## WHAT IS REQUIRED
Using the data below, output the first line and every line after it up to and including the line containing "beq_self : (k", exactly as written and with nothing added.

Collected data

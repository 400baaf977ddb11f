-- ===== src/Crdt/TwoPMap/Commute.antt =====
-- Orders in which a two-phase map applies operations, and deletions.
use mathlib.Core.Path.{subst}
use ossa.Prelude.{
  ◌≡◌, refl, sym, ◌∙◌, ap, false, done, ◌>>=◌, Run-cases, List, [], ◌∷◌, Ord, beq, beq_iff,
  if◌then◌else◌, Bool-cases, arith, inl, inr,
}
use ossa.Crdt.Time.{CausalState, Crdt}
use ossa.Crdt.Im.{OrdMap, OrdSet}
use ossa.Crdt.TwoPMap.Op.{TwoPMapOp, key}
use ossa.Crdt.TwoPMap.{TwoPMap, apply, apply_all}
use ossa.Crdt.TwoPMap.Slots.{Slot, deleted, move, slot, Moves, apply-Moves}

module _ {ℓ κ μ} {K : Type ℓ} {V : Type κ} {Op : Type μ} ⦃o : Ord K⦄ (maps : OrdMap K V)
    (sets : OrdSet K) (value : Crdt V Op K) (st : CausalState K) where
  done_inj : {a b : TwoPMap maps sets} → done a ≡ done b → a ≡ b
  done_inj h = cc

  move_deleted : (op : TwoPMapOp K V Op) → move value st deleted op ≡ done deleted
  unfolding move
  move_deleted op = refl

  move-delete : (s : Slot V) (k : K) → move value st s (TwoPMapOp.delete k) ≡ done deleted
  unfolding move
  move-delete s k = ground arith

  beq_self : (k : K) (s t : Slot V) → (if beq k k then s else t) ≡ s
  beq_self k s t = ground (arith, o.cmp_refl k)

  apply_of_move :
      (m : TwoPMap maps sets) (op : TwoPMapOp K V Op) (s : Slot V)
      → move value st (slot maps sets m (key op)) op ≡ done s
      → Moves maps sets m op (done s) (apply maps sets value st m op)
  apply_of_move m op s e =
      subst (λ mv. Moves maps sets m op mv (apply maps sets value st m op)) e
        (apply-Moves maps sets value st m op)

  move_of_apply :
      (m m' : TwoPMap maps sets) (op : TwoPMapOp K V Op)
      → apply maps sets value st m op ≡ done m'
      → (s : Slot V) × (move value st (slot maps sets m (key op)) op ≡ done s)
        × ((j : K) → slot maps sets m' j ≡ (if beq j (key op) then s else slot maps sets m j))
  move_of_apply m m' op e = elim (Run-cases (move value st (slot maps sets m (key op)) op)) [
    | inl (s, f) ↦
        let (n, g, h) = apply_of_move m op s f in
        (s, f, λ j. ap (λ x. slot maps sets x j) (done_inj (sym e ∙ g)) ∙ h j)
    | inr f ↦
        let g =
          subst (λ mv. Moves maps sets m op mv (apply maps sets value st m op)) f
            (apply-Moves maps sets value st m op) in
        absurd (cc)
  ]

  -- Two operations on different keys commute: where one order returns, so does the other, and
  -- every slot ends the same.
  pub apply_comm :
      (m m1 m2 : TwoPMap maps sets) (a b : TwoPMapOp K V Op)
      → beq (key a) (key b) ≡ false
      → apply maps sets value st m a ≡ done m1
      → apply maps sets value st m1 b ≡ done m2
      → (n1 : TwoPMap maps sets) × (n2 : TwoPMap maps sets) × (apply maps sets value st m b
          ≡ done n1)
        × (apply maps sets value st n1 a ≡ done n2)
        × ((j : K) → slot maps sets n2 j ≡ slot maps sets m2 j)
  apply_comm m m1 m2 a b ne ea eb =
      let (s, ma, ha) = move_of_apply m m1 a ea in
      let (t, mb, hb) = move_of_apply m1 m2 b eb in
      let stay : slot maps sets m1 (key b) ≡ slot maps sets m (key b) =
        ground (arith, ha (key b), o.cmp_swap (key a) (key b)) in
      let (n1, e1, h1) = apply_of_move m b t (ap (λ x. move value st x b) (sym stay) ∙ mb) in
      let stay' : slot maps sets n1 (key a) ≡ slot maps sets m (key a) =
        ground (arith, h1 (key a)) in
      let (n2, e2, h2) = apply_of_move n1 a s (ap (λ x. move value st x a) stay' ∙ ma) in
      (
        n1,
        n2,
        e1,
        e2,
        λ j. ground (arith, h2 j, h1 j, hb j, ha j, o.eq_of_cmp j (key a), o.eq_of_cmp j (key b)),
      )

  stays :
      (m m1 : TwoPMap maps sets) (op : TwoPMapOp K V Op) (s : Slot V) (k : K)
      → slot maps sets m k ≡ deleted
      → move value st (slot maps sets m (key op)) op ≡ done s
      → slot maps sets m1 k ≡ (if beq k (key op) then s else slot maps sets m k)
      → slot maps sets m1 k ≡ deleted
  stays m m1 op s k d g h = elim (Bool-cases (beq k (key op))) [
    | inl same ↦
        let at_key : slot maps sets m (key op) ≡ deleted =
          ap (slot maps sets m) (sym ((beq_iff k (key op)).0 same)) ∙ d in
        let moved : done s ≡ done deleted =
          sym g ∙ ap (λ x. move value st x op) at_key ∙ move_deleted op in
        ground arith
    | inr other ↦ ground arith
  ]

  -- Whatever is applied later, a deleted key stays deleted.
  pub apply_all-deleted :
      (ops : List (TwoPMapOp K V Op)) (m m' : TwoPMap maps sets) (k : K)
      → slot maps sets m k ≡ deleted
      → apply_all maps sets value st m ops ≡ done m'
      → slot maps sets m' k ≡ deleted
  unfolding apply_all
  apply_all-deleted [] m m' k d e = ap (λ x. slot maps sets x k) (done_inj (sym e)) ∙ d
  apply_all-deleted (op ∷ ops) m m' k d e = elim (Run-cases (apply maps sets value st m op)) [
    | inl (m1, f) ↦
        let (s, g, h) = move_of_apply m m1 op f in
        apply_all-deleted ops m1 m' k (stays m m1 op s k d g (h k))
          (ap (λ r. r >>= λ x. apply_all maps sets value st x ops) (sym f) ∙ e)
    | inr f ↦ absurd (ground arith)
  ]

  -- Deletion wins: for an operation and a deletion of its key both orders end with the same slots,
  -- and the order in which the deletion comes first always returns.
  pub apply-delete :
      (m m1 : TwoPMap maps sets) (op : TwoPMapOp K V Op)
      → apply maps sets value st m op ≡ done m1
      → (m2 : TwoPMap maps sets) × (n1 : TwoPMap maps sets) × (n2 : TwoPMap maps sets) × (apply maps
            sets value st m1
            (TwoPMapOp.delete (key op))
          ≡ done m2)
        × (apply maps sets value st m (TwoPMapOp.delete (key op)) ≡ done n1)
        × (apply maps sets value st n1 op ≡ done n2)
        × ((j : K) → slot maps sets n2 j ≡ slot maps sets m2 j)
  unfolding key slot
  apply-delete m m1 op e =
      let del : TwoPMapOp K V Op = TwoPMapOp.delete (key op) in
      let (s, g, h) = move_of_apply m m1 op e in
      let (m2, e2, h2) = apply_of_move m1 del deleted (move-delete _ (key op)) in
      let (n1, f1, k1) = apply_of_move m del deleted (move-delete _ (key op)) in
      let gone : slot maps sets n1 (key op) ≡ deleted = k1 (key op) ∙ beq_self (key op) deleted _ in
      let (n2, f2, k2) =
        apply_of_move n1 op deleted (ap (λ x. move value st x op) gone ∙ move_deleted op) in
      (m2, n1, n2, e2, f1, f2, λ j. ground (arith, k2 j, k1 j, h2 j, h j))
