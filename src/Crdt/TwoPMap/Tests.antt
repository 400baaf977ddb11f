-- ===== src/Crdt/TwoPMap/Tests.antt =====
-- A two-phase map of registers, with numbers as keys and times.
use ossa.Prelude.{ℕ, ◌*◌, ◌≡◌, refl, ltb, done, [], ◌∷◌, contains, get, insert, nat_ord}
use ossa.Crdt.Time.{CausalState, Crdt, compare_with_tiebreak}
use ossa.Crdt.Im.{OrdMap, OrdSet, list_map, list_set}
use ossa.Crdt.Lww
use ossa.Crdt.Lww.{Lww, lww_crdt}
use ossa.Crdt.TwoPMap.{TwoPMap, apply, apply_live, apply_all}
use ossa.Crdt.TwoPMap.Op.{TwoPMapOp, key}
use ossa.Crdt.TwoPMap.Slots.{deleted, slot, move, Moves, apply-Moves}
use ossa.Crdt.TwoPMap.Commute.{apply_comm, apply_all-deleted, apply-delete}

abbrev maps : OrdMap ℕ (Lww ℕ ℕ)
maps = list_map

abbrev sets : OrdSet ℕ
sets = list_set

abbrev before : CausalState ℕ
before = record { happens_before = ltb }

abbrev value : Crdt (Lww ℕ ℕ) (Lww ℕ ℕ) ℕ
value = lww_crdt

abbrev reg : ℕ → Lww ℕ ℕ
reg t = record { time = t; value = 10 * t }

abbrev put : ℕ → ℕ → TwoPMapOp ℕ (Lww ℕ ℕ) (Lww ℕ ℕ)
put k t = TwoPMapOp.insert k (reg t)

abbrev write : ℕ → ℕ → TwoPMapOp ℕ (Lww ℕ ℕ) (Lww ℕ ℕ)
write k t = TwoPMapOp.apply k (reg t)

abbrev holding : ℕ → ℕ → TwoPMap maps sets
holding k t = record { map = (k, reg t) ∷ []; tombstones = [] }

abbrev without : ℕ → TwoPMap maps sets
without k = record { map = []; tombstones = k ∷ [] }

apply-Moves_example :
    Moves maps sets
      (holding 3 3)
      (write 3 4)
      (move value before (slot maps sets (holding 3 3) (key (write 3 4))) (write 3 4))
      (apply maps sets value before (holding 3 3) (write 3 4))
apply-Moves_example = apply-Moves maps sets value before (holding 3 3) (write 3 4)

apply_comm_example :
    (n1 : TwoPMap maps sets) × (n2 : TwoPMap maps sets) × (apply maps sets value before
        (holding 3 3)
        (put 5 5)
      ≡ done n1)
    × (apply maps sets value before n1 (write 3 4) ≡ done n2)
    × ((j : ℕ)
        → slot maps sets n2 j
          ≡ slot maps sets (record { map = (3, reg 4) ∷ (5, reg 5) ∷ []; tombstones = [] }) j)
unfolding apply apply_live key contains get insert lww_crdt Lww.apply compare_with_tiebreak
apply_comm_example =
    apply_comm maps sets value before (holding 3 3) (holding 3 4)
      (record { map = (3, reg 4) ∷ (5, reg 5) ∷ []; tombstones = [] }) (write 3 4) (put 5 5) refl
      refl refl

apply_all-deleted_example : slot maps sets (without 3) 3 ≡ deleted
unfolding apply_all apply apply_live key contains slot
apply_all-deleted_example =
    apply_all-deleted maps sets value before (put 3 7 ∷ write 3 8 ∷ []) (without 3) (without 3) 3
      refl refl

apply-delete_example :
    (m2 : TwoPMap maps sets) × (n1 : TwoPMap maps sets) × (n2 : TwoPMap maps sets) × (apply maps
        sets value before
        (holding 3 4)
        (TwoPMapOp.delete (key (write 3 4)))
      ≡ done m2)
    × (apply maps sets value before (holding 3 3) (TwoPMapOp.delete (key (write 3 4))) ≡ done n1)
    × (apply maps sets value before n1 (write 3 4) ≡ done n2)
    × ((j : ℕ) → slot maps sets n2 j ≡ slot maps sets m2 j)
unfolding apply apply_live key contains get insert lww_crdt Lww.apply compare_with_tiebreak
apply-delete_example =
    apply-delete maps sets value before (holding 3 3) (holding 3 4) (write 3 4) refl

## EXERCISE SOLUTION
repository 400baaf977ddb11f
-- ===== src/Crdt/TwoPMap/Commute.antt =====
-- Orders in which a two-phase map applies operations, and deletions.
use mathlib.Core.Path.{subst}
use ossa.Prelude.{
  ◌≡◌, refl, sym, ◌∙◌, ap, false, done, ◌>>=◌, Run-cases, List, [], ◌∷◌, Ord, beq, beq_iff,
  if◌then◌else◌, Bool-cases, arith, inl, inr,
}
use ossa.Crdt.Time.{CausalState, Crdt}
use ossa.Crdt.Im.{OrdMap, OrdSet}
use ossa.Crdt.TwoPMap.Op.{TwoPMapOp, key}
use ossa.Crdt.TwoPMap.{TwoPMap, apply, apply_all}
use ossa.Crdt.TwoPMap.Slots.{Slot, deleted, move, slot, Moves, apply-Moves}

module _ {ℓ κ μ} {K : Type ℓ} {V : Type κ} {Op : Type μ} ⦃o : Ord K⦄ (maps : OrdMap K V)
    (sets : OrdSet K) (value : Crdt V Op K) (st : CausalState K) where
  done_inj : {a b : TwoPMap maps sets} → done a ≡ done b → a ≡ b
  done_inj h = cc

  move_deleted : (op : TwoPMapOp K V Op) → move value st deleted op ≡ done deleted
  unfolding move
  move_deleted op = refl

  move-delete : (s : Slot V) (k : K) → move value st s (TwoPMapOp.delete k) ≡ done deleted
  unfolding move
  move-delete s k = ground arith

  beq_self : (k : K) (s t : Slot V) → (if beq k k then s else t) ≡ s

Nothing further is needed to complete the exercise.